Die Cover sind mit Photoimpact auf 250*125 Pixel verkleinert worden so das sie schön ObenRechts wie ein Passfoto in den Bericht passen.

Ich habe einen Screenshot angefügt ObenRechts wo der schwarze Rahmen ist soll das jeweilige Bild hin.
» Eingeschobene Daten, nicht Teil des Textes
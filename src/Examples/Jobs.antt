-- ===== src/Examples/Jobs.antt =====
-- An update job that is dispatched in its window.
use stumpfworks_identity.Examples.Data.{repeated, works, empty}
use stumpfworks_identity.Store.Schema.{
  AuditEntry, Client, UpdateJob, Database, client_update_dispatched, token_only,
  certificate_required, scheduled, dispatched, validate_audit_ip,
}
use stumpfworks_identity.Base.{
  ◌≤◌, ◌<◌, ◌≡◌, refl, ◌≢◌, true, false, some, [], ◌∷◌, ◌++◌, arith, codes, text_eq, find, count,
  update, ok,
}
use stumpfworks_identity.Store.Jobs.{
  change_found, transition, may_move, require_device, move_job, Externals, change_update_job,
  from_unix, is_job,
}
use stumpfworks_identity.Store.Jobs.Open.{create, change, run, OneOpen, run-OneOpen}
use stumpfworks_identity.Store.Jobs.Lifecycle.{dispatch_safe, change-⟶, ◌⟶◌}

abbrev anything : Externals
anything = record {
  is_identifier = λ t. true;
  hex_decode = λ t. some (repeated 32 0);
  parse_ip = λ t. true;
}

abbrev kiosk : Client
kiosk = record {
  client_id = 5 ∷ [];
  token_hash = [];
  auth_mode = certificate_required;
  enabled = true;
}

abbrev job : UpdateJob
job = record {
  id = repeated 16 1;
  client_id = 5 ∷ [];
  release_id = repeated 16 2;
  release_version = 49 ∷ [];
  package_sha256 = repeated 64 3;
  not_before = 10;
  expires_at = 100;
  maintenance = false;
  state = scheduled;
  rollback_available = false;
  created_at = 1;
  updated_at = 1;
}

abbrev ready : Database
ready = record empty { clients = kiosk ∷ []; update_jobs = job ∷ [] }

abbrev entry : AuditEntry
entry = record {
  event = client_update_dispatched;
  badge_id = [];
  username = [];
  client_id = 5 ∷ [];
  success = true;
  ip_address = [];
  details = codes "job=" ++ repeated 16 1;
}

abbrev sent : Database
sent = record ready {
  update_jobs = record job { state = dispatched; updated_at = 20 } ∷ [];
  audit_log = entry ∷ [];
}

run-OneOpen_example : OneOpen (
    run anything
      (record {
        outer = works;
        inner = works;
        actor = [];
        ip = [];
        now = 5000000000;
        operation = create job;
      }
        ∷ record {
          outer = works;
          inner = works;
          actor = [];
          ip = [];
          now = 20000000000;
          operation = change (repeated 16 1) (5 ∷ []) dispatched false;
        }
        ∷ [])
      (record empty { clients = kiosk ∷ [] }))
unfolding count
run-OneOpen_example =
    run-OneOpen anything
      (record {
        outer = works;
        inner = works;
        actor = [];
        ip = [];
        now = 5000000000;
        operation = create job;
      }
        ∷ record {
          outer = works;
          inner = works;
          actor = [];
          ip = [];
          now = 20000000000;
          operation = change (repeated 16 1) (5 ∷ []) dispatched false;
        }
        ∷ [])
      (record empty { clients = kiosk ∷ [] }) (λ client. omega arith)

dispatch_run :
    change_update_job anything works 0
      (repeated 16 1)
      (5 ∷ [])
      dispatched
      false
      []
      []
      20000000000
      ready
    ≡ ok (tt, sent)
unfolding change_update_job find text_eq update count validate_audit_ip change_found transition
    may_move require_device move_job
dispatch_run = refl

dispatch_safe_example :
    (job.state ≡ scheduled)
    × (from_unix job.not_before ≤ 20000000000)
    × (20000000000 < from_unix job.expires_at)
    × ((c : Client) × (find (λ (c : Client). text_eq c.client_id job.client_id) ready.clients
          ≡ some c)
        × (c.enabled ≡ true)
        × (c.auth_mode ≢ token_only))
unfolding find text_eq
dispatch_safe_example =
    dispatch_safe anything works 0 (repeated 16 1) (5 ∷ []) false [] [] 20000000000 ready sent job
      dispatch_run refl (ground arith)

change-⟶_example :
    ((j : UpdateJob) × (k : UpdateJob) × (find (is_job (repeated 16 1) (5 ∷ [])) ready.update_jobs
        ≡ some j)
      × (find (is_job (repeated 16 1) (5 ∷ [])) sent.update_jobs ≡ some k)
      × (k.state ≡ dispatched)
      × (k.rollback_available ≡ false)
      × (j.state ⟶ k.state))
    × (find (is_job (repeated 16 2) (5 ∷ [])) sent.update_jobs
        ≡ find (is_job (repeated 16 2) (5 ∷ [])) ready.update_jobs)
unfolding text_eq
change-⟶_example =
    change-⟶ anything works 0 (repeated 16 1) (5 ∷ []) (repeated 16 2) (5 ∷ []) dispatched false []
      [] 20000000000 ready sent dispatch_run refl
Herzlichen Dank an alle die mir helfen

Gruß Daniel


----------



## Slizzzer (13. September 2004)

Moin Daniel!

- Erstelle in Deiner Tabelle eine Spalte vom Typ OLE-Objekt (nenne es z.B. Bild).
- Öffne Dein Formular in der Entwurfsansicht und füge das OLE-Feld "Bild" ein.
- Stelle in den Eigenschaften folgende Punkte ein:
  - Daten > Zugelassene OLE-Objektart > Verknüpft (sonst speichert Access die Bilder in der DB)
  - Format > Dehnen, oder Zoomen
  - Daten > Anzeigeart > Inhalt

Wenn Du nun Dein Formular zur Dateneingabe normal öffnest, dann kannst Du ein Bild zu einem Datensatz hinzufügen, indem Du mit der Maus auf das OLE-Feld gehst und mit der rechten Maustaste "Objekt einfügen" aus dem Kontextmenü wählst.

feddisch!

In Deinem Bericht miuß dann natürlich auch das OLE-Feld rein.


----------



## DanielRamacher (13. September 2004)

Jo hat geklappt herzlichen dank.


----------



## DanielRamacher (13. September 2004)

hmmm hab direkt Problem Nr.2 entdeckt mit jpgs klappt das nicht.
bmps kann ich auch in der liste auswählen jpg nicht und wenn ich dann auf OLE aus Datei klicke stellt der das als Symbol da egal ob ich als Symbol oder Inhalt usw. auswähle und heute Morgen habe ich in der Schule das gleiche Probiert da klappte das mit jpg. Das hier dann in der Liste irgendwas mit microsoft *********3 oder so nur bei mir zu Hause hab ich nichts der gleichen drin stehen.
Hab an Grafikprogrammen Ulead Photoimpact XL und Adobe Photoshop7 auf Windows XP
gibts irgedwo nen Addon für Jpgs für Access oder sowas?


----------



## DanielRamacher (13. September 2004)

Attacke zurück habs gefunden.
Um jpgs als OLE Objekt anzeigen lassen zu können muss Photo Editor von Mircosoft installiert sein.
Das ist auch beim Office Paket dabei unter Office Tools. Wenn der nicht installiert ist werden jpgs und viele sonstige Bildformate nur als Symbol dargestellt.


----------



## Amethyst (9. Oktober 2004)

Hallo allerseits,
dazu eine Frage von mir. Kann ich die Bilder, statt sie direkt einzufügen auch mit einem Link verknüpfen? Wenn ja wie?

Gruß Amethyst

Nachtrag: Sorry, ich hab es überlesen. Es gilt mal wieder: ... wer lesen kann, erspart sich ne Zusatzfrage ;-))


----------